We have been highlighting for some time the fact that the Queensland labour market has benefitted from the positive health outcomes in the State (see here for the most recent December data) with both employment and hours worked per capita up since March. Back in November we discussed one of the reasons for the apparent paradox that a supposedly strong labour market still resulted in a relatively high unemployment rate in QLD; that paradox continues to exist with Queensland’s unemployment rate in December (7.5%) the highest in the nation.
Our post in November (see here) discussed the calculation of the ‘effective unemployment rate’ which adjusts for the impact of changes in participation since the effects of COVID were felt in March and for the increased number of people counted as employed who were working zero hours (boosted by JobKeeper). As the JobKeeper scheme is now close to its end (at least in its current form) and the participation levels across the nation returning to a more ‘normal’ situation we decided to take one last look at the effective unemployment rate.
The adjustment is done by including those working zero hours (who are currently counted as employed by the Labour Force Survey) as unemployed. Additionally the labour force is estimated as it would have been had the participation rate as at March 2020 been current now. The difference between that assumed labour force and the actual labour force is calculated. In Australia, where the participation rate initially fell sharply, this was a reduction in the labour force. The ‘effective unemployment rate’ assumes those who had left the labour force would instead also have been counted as unemployed. More recently, as the participation rate increased above the March level, the reverse would be true.
We see that the Australian March unemployment rate of 5.2% (which would already have been 5.8% had we included zero hour workers) was based on a participation rate of 65.9. Since then, as the number of zero hours workers increased sharply and the labour force fell sharply, the ‘effective unemployment rate’ got as high as 15.3% in April before starting to decline. It now sits at 6.7%; or 1.5 ppts above the official unemployment rate in March and just 0.1 ppts above the official rate today.
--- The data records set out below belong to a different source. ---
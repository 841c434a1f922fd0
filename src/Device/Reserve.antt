-- ===== src/Device/Reserve.antt =====
-- One number, as `writeOneBlockLocked` reserves it.
use viperblock.Prelude.{
  ℕ, ◌+◌, ◌<◌, ◌≡◌, refl, some, Option, List, arith, ltb, leb, Bool-cases, Option-cases, inl, inr,
}
use viperblock.Words.{u64, add64, sub64}
use viperblock.Numbering.{
  Counter, Persist, Reserved, reserve_seq_num, reserve_window, publish_high_water,
  persist_state_local, raise, rounds, max_seq_num, mint_volume_uuid,
}

mint_seq_num :
    (random : Option (List ℕ)) (c d : Counter)
    → mint_volume_uuid random c ≡ some d
    → d.seq_num ≡ c.seq_num
unfolding mint_volume_uuid
mint_seq_num random c d h = elim (Option-cases random) [
  | inl e ↦ ground (arith, e, h)
  | inr (bytes, e) ↦ ground (arith, e, h)
]

publish_seq_num :
    (disk : Persist) (hw : ℕ) (c : Counter) → (publish_high_water disk hw c).0.seq_num ≡ c.seq_num
unfolding publish_high_water persist_state_local
publish_seq_num Persist.saved hw c = refl
publish_seq_num Persist.failed hw c = refl
publish_seq_num Persist.failed_late hw c = refl

window_one :
    (random : Option (List ℕ)) (disk : Persist) (first end start : ℕ) (c : Counter)
    → (reserve_window random disk first end c).1 ≡ Reserved.start start
    → (start ≡ first) × ((reserve_window random disk first end c).0.seq_num ≡ c.seq_num)
unfolding reserve_window
window_one random disk first end start c h = elim (Option-cases (mint_volume_uuid random c)) [
  | inl e ↦ absurd (ground (arith, e, h))
  | inr (d, e) ↦
      let hw = raise (rounds end d.seq_num_high_water) end d.seq_num_high_water in
      (
        ground (arith, e, h),
        ground (arith, e, publish_seq_num disk hw d, mint_seq_num random c d e),
      )
]

-- A number that is reserved is the counter's, which goes up by one.
pub reserve_one :
    (random : Option (List ℕ)) (disk : Persist) (c : Counter) (first : ℕ)
    → c.seq_num + 1 < u64
    → (reserve_seq_num random disk 1 c).1 ≡ Reserved.start first
    → (first ≡ c.seq_num) × ((reserve_seq_num random disk 1 c).0.seq_num ≡ c.seq_num + 1)
unfolding reserve_seq_num
reserve_one random disk c first room h =
    let end = add64 c.seq_num 1 in
    let back : sub64 end 1 ≡ c.seq_num = omega (arith, room) in
    let c' : Counter = record c { seq_num = end } in
    let slow = window_one random disk (sub64 end 1) end first c' in
    elim (Bool-cases c.encryption_enabled) [
      | inr off ↦ ground (arith, off, h, back, room)
      | inl on ↦ elim (Bool-cases (ltb max_seq_num end)) [
        | inl limit ↦ absurd (ground (arith, on, limit, h))
        | inr below ↦ elim (Bool-cases (leb end c.seq_num_high_water)) [
          | inl fast ↦ ground (arith, on, below, fast, h, back, room)
          | inr late ↦ ground (arith, on, below, late, h, back, room, slow)
        ]
      ]
    ]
When we consider the Queensland data we see that the March unemployment rate of 5.6% (which would have been 6.1% if we had included zero hour workers) with a participation rate of 65.5. Since then the ‘effective rate’ peaked at 15.7% in May but has now sharply declined as the participation rate moves above where it sat in March (and the labour force adjustment therefore subtracts people from the count of those unemployed). In December we see that Queensland’s ‘effective unemployment rate’ is only 6.2%; well below the national ‘effective rate’, only 0.6 ppts above its official level in March and 1.3 ppts below the State’s official rate.
What this suggests is that the official unemployment rate in Queensland is as high as it is not because of a particularly weak labour market, but rather because the better health outcomes, and far less need for lock-downs, have resulted in a strong participation response. Participation has also increased across the nation but the scale of the increase in Queensland has acted to more dramatically work against further falls in the unemployment rate. The increase in participation at the national level has added 103,000 to the labour force in the past 2 months while in Queensland we have seen the labour force increase 129,000 in the past 4 months and by nearly 70,000 in just the last 2. With such large numbers entering the labour force, even with healthy employment growth, the official unemployment rate has struggled to fall.
On this same basis of calculation the NSW ‘effective rate’ in Dec was 6.5% (up 1.6 ppts from March and similar to the official rate of 6.4%) and Victoria was 7.5% (up about 2.3 ppts from March and still about 1.0 ppts above the official rate of 6.5%).
We can also see that, with the small current exception of Victoria, the distorting effects of the JobKeeper payments has been largely unwound with the actual and ‘effective’ unemployment rates converging with most states’ effective rates close to 6.5%.